Revision as of 08:18, 28 April 2016

Background

  • Syndrome of massive imbalanced reflex sympathetic discharge from strong stimulus below level of spinal lesion
  • Carotid and aortic baroreceptors result in strong vagal response with bradycardia and vasodilation above level of injury, but cannot inhibit sympathetics below level of injury - HTN remains dysregulated by the CNS
  • Occurring in patients with spinal cord injury (SCI) above the splanchnic sympathetic outflow (T5-T6)
  • Splanchnic innervation from T5-T9
  • Lesions below T6 allow descending inhibitory PSNS control to decrease splanchnic tone, preventing HTN
  • Medical emergency given dangerous sequelae of elevated blood pressure

Common triggers (due to strong stimuli below level of injury)

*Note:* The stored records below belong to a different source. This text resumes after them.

-- ===== src/Motor/Select/SelectReady.antt =====
-- Setups and delays of the axes across selectAxis and ensureChannel.
use technosoft_tml_motor.Prelude.{
  ℕ, ◌≡◌, refl, arith, ap, ◌∙◌, Bool, true, false, Option, none, some, List, [], All, get_elem?,
  if_cases,
}
use technosoft_tml_motor.Prelude.State.{pure}
use technosoft_tml_motor.Motor.Calls.{Calls}
use technosoft_tml_motor.Motor.Axis.{
  Axis, mark_all, mark_others, update_at, Controller, Io, call, act,
}
use technosoft_tml_motor.Motor.Status.{set_conn_status}
use technosoft_tml_motor.Motor.Select.{
  with_setup_idx, lost_selection, not_recovered, recovered, load_once, set_up, reinit_axis,
  select_retry, recover, reopened, reconnect, choose, select_with, select_of, select_axis,
  opened_again, ensure_open, ensure_channel,
}
use technosoft_tml_motor.Motor.Select.Ready.{
  Ready, Ready-to_do, All-update_at, update_at_twice, mark_all-Ready, mark_others-Ready, Readies,
  and_then-Readies, set_conn_status-Readies, set_up-Keeps, set_up-needs_idx, select_retry-Keeps,
}

module _ {R : Type 0} (C : Calls R) where
  -- A fresh load at the axis `i`, then the setup, then one of two notes.
  recover-Readies : (i : ℕ) (a : Axis) → Readies C (recover C i a)
  unfolding recover reinit_axis load_once
  recover-Readies i a g h =
      let (idx, s) = C.load_setup a.setup_file g.lib in
      let b : Axis = with_setup_idx none a in
      let marked : List Axis = mark_others i g.axes in
      let stored : List Axis =
        update_at (update_at marked i (with_setup_idx none)) i (with_setup_idx idx) in
      let g₁ : Controller C = record g { axes = stored; lib = s } in
      let (ok, g₂) = set_up C b idx g₁ in
      let ready : All Ready marked = mark_others-Ready i g.axes h in
      let whole : (f : Axis → Axis)
          → update_at g₂.axes i f
            ≡ update_at marked i (λ x. f (with_setup_idx idx (with_setup_idx none x))) =
        λ f.
          ap (λ t. update_at t i f) (set_up-Keeps C b idx g₁)
          ∙ update_at_twice (with_setup_idx idx) f (update_at marked i (with_setup_idx none)) i
          ∙ update_at_twice (with_setup_idx none) _ marked i in
      if_cases (λ (m : Io C Bool). All Ready (m g₂).1.axes) ok _ _
        (λ e.
          let (k, found) = set_up-needs_idx C b idx g₁ e in
          rw (whole recovered)
            (All-update_at Ready _ marked i (λ x q. ((λ _ _. (k, found)), q.1)) ready))
        (λ _. rw (whole not_recovered) (
          All-update_at Ready _ marked i
            (λ x _.
              Ready-to_do (not_recovered (with_setup_idx idx (with_setup_idx none x))) refl
                (omega arith, omega arith))
            ready))

  reopened-Readies : (i : ℕ) (a : Axis) (new : Option ℕ) → Readies C (reopened C i a new)
  unfolding reopened
  reopened-Readies i a none g h =
      set_conn_status-Readies C false (C.error_text g.lib)
        (record g { channel_fd = none; last_reconnect = C.now g.lib }) h
  reopened-Readies i a (some fd) g h =
      let g₁ : Controller C = record g { channel_fd = some fd; last_reconnect = C.now g.lib } in
      let (_, g₂) = set_conn_status C true [] g₁ in
      and_then-Readies C (call C (C.select_channel fd)) (recover C i a) (λ g h. h)
        (recover-Readies i a) g₂ (set_conn_status-Readies C true [] g₁ h)

  reconnect-Readies : (i : ℕ) (a : Axis) (fd : ℕ) → Readies C (reconnect C i a fd)
  unfolding reconnect
  reconnect-Readies i a fd g h =
      if_cases (λ (r : Bool × Controller C). All Ready r.1.axes) _ (false, g) _ (λ _. h)
        (λ _.
          let (new, g₁) = call C C.open_channel (act C (C.close_channel fd) g).1 in
          reopened-Readies i a new g₁ h)

  choose-Readies : (i : ℕ) (a : Axis) → Readies C (choose C i a)
  unfolding choose
  choose-Readies i a g h =
      let (ok, g₁) = call C (C.select_axis a.axis_id) g in
      if_cases (λ (m : Io C Bool). All Ready (m g₁).1.axes) ok (pure true) _ (λ _. h)
        (λ _.
          All-update_at Ready lost_selection g.axes i
            (λ x _. Ready-to_do (lost_selection x) refl (omega arith, omega arith)) h)

  select_with-Readies : (i : ℕ) (a : Axis) (fd : Option ℕ) → Readies C (select_with C i a fd)
  unfolding select_with
  select_with-Readies i a none g h = h
  select_with-Readies i a (some fd) g h =
      let (ok, g₁) = select_retry C 3 fd g in
      let kept : All Ready g₁.axes = rw (select_retry-Keeps C 3 fd g) h in
      if_cases (λ (m : Io C Bool). All Ready (m g₁).1.axes) ok (choose C i a) (reconnect C i a fd)
        (λ _. choose-Readies i a g₁ kept) (λ _. reconnect-Readies i a fd g₁ kept)

  select_of-Readies : (i : ℕ) (o : Option Axis) → Readies C (select_of C i o)
  unfolding select_of
  select_of-Readies i none g h = h
  select_of-Readies i (some a) g h =
      if_cases (λ (r : Bool × Controller C). All Ready r.1.axes) a.configured
        (select_with C i a g.channel_fd g) (false, g)
        (λ _. select_with-Readies i a g.channel_fd g h) (λ _. h)

  pub select_axis-Ready :
      (i : ℕ) (g : Controller C) → All Ready g.axes → All Ready (select_axis C i g).1.axes
  unfolding select_axis
  select_axis-Ready i g h = select_of-Readies i (get_elem? g.axes i) g h

  opened_again-Readies : (new : Option ℕ) → Readies C (opened_again C new)
  unfolding opened_again
  opened_again-Readies none g h = set_conn_status-Readies C false (C.error_text g.lib) g h
  opened_again-Readies (some fd) g h =
      set_conn_status-Readies C true [] (record g { channel_fd = some fd; axes = mark_all g.axes })
        (mark_all-Ready g.axes h)

  ensure_open-Readies : (fd : Option ℕ) → Readies C (ensure_open C fd)
  unfolding ensure_open
  ensure_open-Readies (some fd) g h = h
  ensure_open-Readies none g h =
      if_cases (λ (r : Bool × Controller C). All Ready r.1.axes) _ (false, g) _ (λ _. h)
        (λ _.
          let (new, g₁) = call C C.open_channel (record g { last_reconnect = C.now g.lib }) in
          opened_again-Readies new g₁ h)

  pub ensure_channel-Ready :
      (g : Controller C) → All Ready g.axes → All Ready (ensure_channel C g).1.axes
  unfolding ensure_channel
  ensure_channel-Ready g h = ensure_open-Readies g.channel_fd g h
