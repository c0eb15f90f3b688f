-- ===== src/Motor/Select/PowerReady.antt =====
-- Setups and delays of the axes across powerOn and powerOff.
use technosoft_tml_motor.Prelude.{
  ℕ, zero, suc, Bool, true, Option, none, some, All, get_elem?, if_cases,
}
use technosoft_tml_motor.Prelude.State.{pure}
use technosoft_tml_motor.Motor.Calls.{Calls, srl}
use technosoft_tml_motor.Motor.Axis.{Axis, Controller, Io, call, act}
use technosoft_tml_motor.Motor.Select.{
  bit_set, value_or_0, switched_on, switched_off, not_switched_on, select_axis,
}
use technosoft_tml_motor.Motor.Power.{
  power_wait, switch_on, power_on_of, power_on, switch_off, power_off_of, power_off,
}
use technosoft_tml_motor.Motor.Select.Ready.{Ready, Readies, All-update_at, and_then-Readies}
use technosoft_tml_motor.Motor.Select.SelectReady.{select_axis-Ready}

module _ {R : Type 0} (C : Calls R) where
  power_wait-Readies : (i left : ℕ) → Readies C (power_wait C i left)
  unfolding power_wait
  power_wait-Readies i zero g h = All-update_at Ready not_switched_on g.axes i (λ x r. r) h
  power_wait-Readies i (suc left) g h =
      let (v, g₁) = call C (C.read_status srl) g in
      if_cases (λ (m : Io C Bool). All Ready (m g₁).1.axes) (bit_set (value_or_0 v) 15) _ _
        (λ _. All-update_at Ready switched_on g.axes i (λ x r. r) h)
        (λ _. power_wait-Readies i left (act C (C.sleep 100) g₁).1 h)

  switch_on-Readies : (i : ℕ) → Readies C (switch_on C i)
  unfolding switch_on
  switch_on-Readies i =
      and_then-Readies C (call C (C.power true)) (power_wait C i 50) (λ g h. h)
        (power_wait-Readies i 50)

  switch_off-Readies : (i : ℕ) → Readies C (switch_off C i)
  unfolding switch_off
  switch_off-Readies i g h = All-update_at Ready switched_off g.axes i (λ x r. r) h

  power_on_of-Readies : (i : ℕ) (o : Option Axis) → Readies C (power_on_of C i o)
  unfolding power_on_of
  power_on_of-Readies i none g h = h
  power_on_of-Readies i (some a) g h =
      if_cases (λ (m : Io C Bool). All Ready (m g).1.axes) a.powered (pure true) _ (λ _. h)
        (λ _.
          and_then-Readies C (select_axis C i) (switch_on C i) (select_axis-Ready C i)
            (switch_on-Readies i) g h)

  pub power_on-Ready :
      (i : ℕ) (g : Controller C) → All Ready g.axes → All Ready (power_on C i g).1.axes
  unfolding power_on
  power_on-Ready i g h = power_on_of-Readies i (get_elem? g.axes i) g h

  power_off_of-Readies : (i : ℕ) (o : Option Axis) → Readies C (power_off_of C i o)
  unfolding power_off_of
  power_off_of-Readies i none g h = h
  power_off_of-Readies i (some a) g h =
      if_cases (λ (m : Io C Bool). All Ready (m g).1.axes) a.powered _ (pure true)
        (λ _.
          and_then-Readies C (select_axis C i) (switch_off C i) (select_axis-Ready C i)
            (switch_off-Readies i) g h)
        (λ _. h)

  pub power_off-Ready :
      (i : ℕ) (g : Controller C) → All Ready g.axes → All Ready (power_off C i g).1.axes
  unfolding power_off
  power_off-Ready i g h = power_off_of-Readies i (get_elem? g.axes i) g h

  • Bladder distension ~80%
  • Bowel distension, fecal impaction ~15%
  • Pressure ulcers

Clinical Features

History

  • Unopposed PSNS above lesion
  1. Burry vision, miosis
  2. Headaches
  3. Anxiety
  4. Bradycardia associated with rises in BP
  5. Sweating, flushing
  6. Nasal congestion
  • Unopposed SNS below lesion
  1. Pale, cool skin
  2. Piloerection, goose bumps

Physical

  • A sudden significant rise in systolic and diastolic blood pressures
    • Usually associated with bradycardia
    • SBP >140 mm Hg (in a patient with SCI above T6)
  • Profuse sweating/flushing above the level of lesion (especially in the face, neck, and shoulders)
  • Possible to be asymptomatic

Differential Diagnosis

Hypertension

Diagnosis

Treatment

HTN should abate once offending agent corrected - normal is SBP 90-110 mmHg
  • Check urinary catheter for any blockage or twisting
  • If cath blocked, gently irrigate bladder with NS at body temp
  • If cath is draining, suspect fecal impaction and check rectum for stool with lidocaine jelly lube - gentle disimpaction to follow
  • Place in an upright position to allow gravitational pooling of blood to reduce BP
  • Careful inspection of nonsensate areas to identify the source of painful stimuli
    • (e.g. catheter, restrictive clothing, leg bag straps, abdominal supports, orthoses)
BP meds with SBP > 150, use short-acting since offending agent must be corrected; use with caution in CAD
  • Nifedipine immediate release
  • NTG paste or sublingual NTG

Disposition

  • Admission

See Also

References

  • Gunduz H, Binak DF. Autonomic dysreflexia: an important cardiovascular complication in spinal cord injury patients. Cardiol J. 2012;19(2):215-9.